The final regulations “clarify” that the discount rate should be applied to after-tax income when comparing the cost sharing alternative to the license alternative. In determining after-tax income, the regulations abandon long-held valuation concepts that use the “market participant” effective tax rates in favor of the CSA participant’s effective tax rate. The examples make clear that after the after-tax value of the PCT is determined, the PCT payment must be recomputed on a pre-tax basis.
In many cases, the difference between the initial projections used in computing the platform contribution transaction (PCT) and the actual results are subject to significant variation. To avoid the regulatory periodic adjustment rules and an overpayment of the PCT, some taxpayers incorporate in their agreement mechanisms to adjust PCT payments in future years. The final regulations provide new examples on how taxpayers can add adjustment clauses to their agreements that the IRS will accept as consistent with economic substance.
In addition to these “clarifying” additions, the final regulations also include changes relating to the following:
- Reasonably anticipated benefits (RAB) shares must be based on information existing during the year.
- Methods for determining PCT payments must be based on future anticipated income.
- In comparing the cost sharing and licensing alternatives, the same projections must be used.
- A taxpayer-friendly modification to the exception to the periodic adjustment rules was adopted.
- A specific mailing address for the IRS Service Center to send cost sharing statements was added to the regulations.
On balance, the final regulations preserve in the main all the provisions contained in the 2008 temporary regulations, while seeking to clarify provisions that were the subject of debate and concern among taxpayers and practitioners. Like the prior rules, the final regulations are extensive and broad in scope and make an attempt to clarify and explain Treasury’s and the IRS’s positions on many of the issues that have arisen in the intervening years since the original cost sharing provisions were adopted in the early 1990s. While the final regulations provide extensive examples and guidance, this area of taxation continues to be complex, particularly when it involves the nuanced interpretation of sometimes highly technical and even esoteric considerations of IP development, and the more elusive notions of platform contributions that Treasury and the IRS have put forward.

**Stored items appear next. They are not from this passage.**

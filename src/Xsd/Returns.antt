-- ===== src/Xsd/Returns.antt =====
-- The complex types on which the insertion of the reference to the group returns.
use muen.Base.{
  Error, Bool, true, false, List, [], ◌∷◌, ◌++◌, Option, none, some, Str, codes, Result, ok, err,
}
use muen.Base.{◌≡◌, refl, ap, ◌∙◌, ltb, length, ◌>>=◌, if◌then◌else◌, list_eq, nat_eq}
use muen.Xml.{Etree, IsLawful}
use muen.Xml.Names.{Names, IsNamed}
use muen.Xsd.{localname, node_text, node_to_string}
use muen.Xsd.Groups.{
  Kind, kind_of, insert_at, insert_at_end, insert_from, insert_usg_in_complex_type,
  insert_usg_in_sequence, insert_first, restriction_path,
}
use muen.Xsd.Groups.Kind.{
  simple_content, complex_content, annotation, particle, sequence, attributes, other,
}
use muen.Xsd.Elements.{ns_info-IsPrefix, reference, node_to_string-reference}
use muen.Xsd.Started.{insert_lem, insert_first-cons}
use muen.Xsd.Types.{insert_from-cons}
use muen.Xsd.Content.{Content, view, view_at, view_end}
use muen.Xsd.Content.Content.{text, derived, elements}

kept :
    {A C : Type 0} (b : Bool) (why : Error) (x : A) (d c : C)
    → (if b then none else some d) ≡ some c
    → (if b then err why else ok x) ≡ ok x
kept true why x d c h = cc
kept false why x d c h = refl

particle_named : (o : Option Str) → kind_of o ≡ particle → (name : Str) × (o ≡ some name)
particle_named none h = cc
particle_named (some name) h = (name, refl)

module _ (X : Etree) (N : Names X) where
  -- The first element is no comment, so that it can be compared.
  abbrev pub IsReadable : List X.Elem → Type 0
  IsReadable [] = Unit
  IsReadable (first ∷ cs) = (name : Str) × (localname X N first ≡ some name)

  abbrev pub IsComparable : Content X N → Type 0
  IsComparable text = Unit
  IsComparable derived = Unit
  IsComparable (elements before particles cs) = IsReadable particles

  comparable :
      (before ps cs : List X.Elem) (c : Content X N)
      → some (elements before ps cs) ≡ some c
      → IsComparable c
      → IsReadable ps
  comparable before ps cs text h r = cc
  comparable before ps cs derived h r = cc
  comparable before ps cs (elements bs qs ds) h r = let q : qs ≡ ps = cc in rw (← q) r

  module _ (L : IsLawful X) (M : IsNamed X N) where
    node_to_string_returns :
        (e : X.Elem) (name : Str)
        → localname X N e ≡ some name
        → (t : Str) × (node_to_string X N e ≡ ok t)
    unfolding node_text
    node_to_string_returns e name h = (_, ap (λ o. node_text (N.prefix e) o (N.attrib e)) h)

    insert_first_returns :
        (node r : X.Elem) (t : Str) (cs : List X.Elem)
        → node_to_string X N r ≡ ok t
        → IsReadable cs
        → (s : X.Elem) × (insert_first X N node r cs ≡ ok s)
    insert_first_returns node r t [] e h = (_, refl)
    insert_first_returns node r t (first ∷ cs) e (name, h) =
        let (u, f) = node_to_string_returns first name h in
        (_, insert_first-cons X N L M node r first cs u t f e)

    insert_returns :
        (node : X.Elem) (cs : List X.Elem)
        → X.children node ≡ cs
        → IsReadable cs
        → (s : X.Elem) × (insert_usg_in_sequence X N node ≡ ok s)
    insert_returns node cs c h =
        let (ns, i, _) = ns_info-IsPrefix X N L M node in
        let (t, e) = node_to_string-reference X N L M ns.ns_prefix in
        let (s, k) = insert_first_returns node (reference X ns.ns_prefix) t cs e h in
        (
          s,
          insert_lem X N L M node ns i
              ∙ ap (insert_first X N node (reference X ns.ns_prefix)) c
              ∙ k,
        )

    module _ (ancestors : List X.Elem) (node : X.Elem) where
      returns_at :
          (k : Kind) (prefix : Str) (before : List X.Elem) (child : X.Elem) (cs : List X.Elem)
          (later : Option (Content X N)) (continued : Result X.Elem) (c : Content X N)
          → kind_of (localname X N child) ≡ k
          → (later ≡ some c → (n : X.Elem) × (continued ≡ ok n))
          → view_at X N k before child cs later ≡ some c
          → IsComparable c
          → (n : X.Elem) × (insert_at X N ancestors node k prefix before child cs continued ≡ ok n)
      returns_at simple_content prefix before child cs later continued c e next v r = (node, refl)
      returns_at complex_content prefix before child cs later continued c e next v r =
          (node, kept (ltb 0 (length (X.xpath child restriction_path))) _ node derived c v)
      returns_at annotation prefix before child cs later continued c e next v r = next v
      returns_at particle prefix before child cs later continued c e next v r =
          let new = X.element (prefix ++ codes "sequence") [] in
          let (s, i) =
            insert_returns (X.append new child) (child ∷ [])
              (L.children-append new child
                ∙ ap (λ ds. ds ++ child ∷ []) (L.children-element (prefix ++ codes "sequence") []))
              (particle_named (localname X N child) e) in
          (_, ap (λ q. q >>= (λ t. ok (X.set_children node (before ++ t ∷ cs)))) i)
      returns_at sequence prefix before child cs later continued c e next v r =
          let (s, i) =
            insert_returns child (X.children child) refl
              (comparable before (X.children child) cs c v r) in
          (_, ap (λ q. q >>= (λ t. ok (X.set_children node (before ++ t ∷ cs)))) i)
      returns_at attributes prefix before child cs later continued c e next v r =
          let new = X.element (prefix ++ codes "sequence") [] in
          let (s, i) =
            insert_returns new [] (L.children-element (prefix ++ codes "sequence") []) tt in
          (_, ap (λ q. q >>= (λ t. ok (X.set_children node (before ++ t ∷ child ∷ cs)))) i)
      returns_at other prefix before child cs later continued c e next v r = cc

      returns_at_end :
          (prefix : Option Str) (before : List X.Elem) (c : Content X N)
          → (prefix ≡ none → before ≡ [])
          → view_end X N before ≡ some c
          → (n : X.Elem) × (insert_at_end X N ancestors node prefix ≡ ok n)
      returns_at_end none before c p v =
          let e : view_end X N before ≡ none = ap (view_end X N) (p refl) in cc
      returns_at_end (some prefix) before c p v =
          let new = X.element (prefix ++ codes "sequence") [] in
          let (s, i) =
            insert_returns new [] (L.children-element (prefix ++ codes "sequence") []) tt in
          (_, ap (λ q. q >>= (λ t. ok (X.append node t))) i)

      returns_from :
          (prefix : Option Str) (before cs : List X.Elem) (c : Content X N)
          → (prefix ≡ none → before ≡ [])
          → view X N before cs ≡ some c
          → IsComparable c
          → (n : X.Elem) × (insert_from X N ancestors node prefix before cs ≡ ok n)
      unfolding insert_from
      returns_from prefix before [] c p v r = returns_at_end prefix before c p v
      returns_from prefix before (child ∷ cs) c p v r =
          let (ns, i, _) = ns_info-IsPrefix X N L M child in
          let rest = insert_from X N ancestors node (some ns.ns_prefix) (before ++ child ∷ []) cs in
          let (n, e) =
            returns_at (kind_of (localname X N child)) ns.ns_prefix before child cs
              (view X N (before ++ child ∷ []) cs) rest c refl
              (λ w. returns_from (some ns.ns_prefix) (before ++ child ∷ []) cs c (λ a. cc) w r) v
              r in
          (n, insert_from-cons X N L M ancestors node prefix before child cs ns i ∙ e)

      -- The insertion returns on each type that is supported, if the first of its elements is no comment.
      pub insert_usg_in_complex_type_returns :
          (c : Content X N)
          → view X N [] (X.children node) ≡ some c
          → IsComparable c
          → (n : X.Elem) × (insert_usg_in_complex_type X N ancestors node ≡ ok n)
      unfolding insert_usg_in_complex_type
      insert_usg_in_complex_type_returns c v r =
          returns_from none [] (X.children node) c (λ e. refl) v r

Cost sharing continues to provide the most practical, and in many instances the only, available method of organizing the increasingly globalized development efforts of the modern multinational. Far from closing down this vital area of tax planning, Treasury’s and the IRS’s rulemaking efforts, as reflected in these final regulations, reflect the realization that global companies face challenges in the organization of their affairs. The tax authorities, accordingly, have provided valuable guidance to taxpayers that enter into qualified CSAs. Anecdotal evidence suggests that cost sharing planning is alive and well, and that more and more companies are adopting cost sharing as a significant and fundamental part of their overall tax profiles. As a result, these companies will find it necessary to reflect on and refer to the guidance in these regulations.